De la même manière, cela pose la question entre l’offre et la demande.
Intervenant
Pour préciser une chose par rapport à l’enquête présentée par Laurence. Nous avons fait une étude sur le périurbain de SaintNazaire. Nous avons ainsi vu que les habitants du périurbain avaient une image beaucoup plus négative du centre-ville de
Saint-Nazaire que les habitants du centre-ville eux-mêmes.
Sylvain GUERRINI
Là-dessus on sait que les propriétaires ont un tel enjeu affectif qu’ils ne peuvent pas changer d’avis sur leur maison, même s’ils
constatent des défauts.
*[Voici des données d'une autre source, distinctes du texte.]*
-- ===== src/Request.antt =====
-- The request of lmd/request.go and the parsers of its header lines.
pub mod Sort
pub mod Header
pub mod Reader
mod Tests
use lmd.Prelude.{
  ℕ, Bool, true, false, Option, none, some, List, [], ◌∷◌, Bytes, codes, Result, ok, err,
}
use lmd.Prelude.Int.{ℤ, pos, negsuc, leb_ℤ}
use lmd.Prelude.Dict.{Dict}
use lmd.Runtime.{Go}
use lmd.Filter.{Condition, Filter}

pub data SortDirection : Type 0 where
  asc desc : SortDirection

-- an `Index` of -1 marks the fake column of grouped statistics
pub record SortField : Type 0 where
  pub name : Bytes
  pub direction : SortDirection
  pub index : ℤ
  pub args : Bytes

module _ (go : Go) where
  pub record Request : Type 0 where
    pub table : Bytes
    pub command : Bytes
    pub columns : List Bytes
    pub filter : List (Filter go)
    pub filter_str : Bytes
    pub stats : List (Filter go)
    -- `none` is the nil map
    pub stats_result : Option (Dict (List (Condition go)))
    pub limit : ℤ
    pub offset : ℤ
    pub sort : List SortField
    pub response_fixed16 : Bool
    pub output_format : Bytes
    pub backends : List Bytes
    pub backends_map : Dict Bytes
    pub send_columns_header : Bool
    pub send_stats_data : Bool
    pub wait_timeout : ℤ
    pub wait_trigger : Bytes
    pub wait_condition : List (Filter go)
    pub wait_object : Bytes
    pub keep_alive : Bool

  abbrev pub no_request : Request
  no_request = record {
    table = [];
    command = [];
    columns = [];
    filter = [];
    filter_str = [];
    stats = [];
    stats_result = none;
    limit = pos 0;
    offset = pos 0;
    sort = [];
    response_fixed16 = false;
    output_format = [];
    backends = [];
    backends_map = [];
    send_columns_header = false;
    send_stats_data = false;
    wait_timeout = pos 0;
    wait_trigger = [];
    wait_condition = [];
    wait_object = [];
    keep_alive = false;
  }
Cela serait un réel échec personnel. Cela peut jouer sur la satisfaction dans le périurbain.
Perig GOUTTEUX
Pour répondre à la possible transposition sur les copropriétés à Brest et pour rester extrêmement pragmatique, cela représente
un certain coût. Il est évident que, si de tels dispositifs étaient mis en place sur certaines villes de la reconstruction, il faut un
effet rebond et qu’il des projets ambitieux derrière, qu’ils partent sur des projets urbains à l’échelle politique ou de
réappropriation de ces îlots. On ne peut pas rester à planter quelques arbres et à mettre du bardage sur les garages ou à
rebitumer et à mettre une petite chaînette pour empêcher les gens de passer.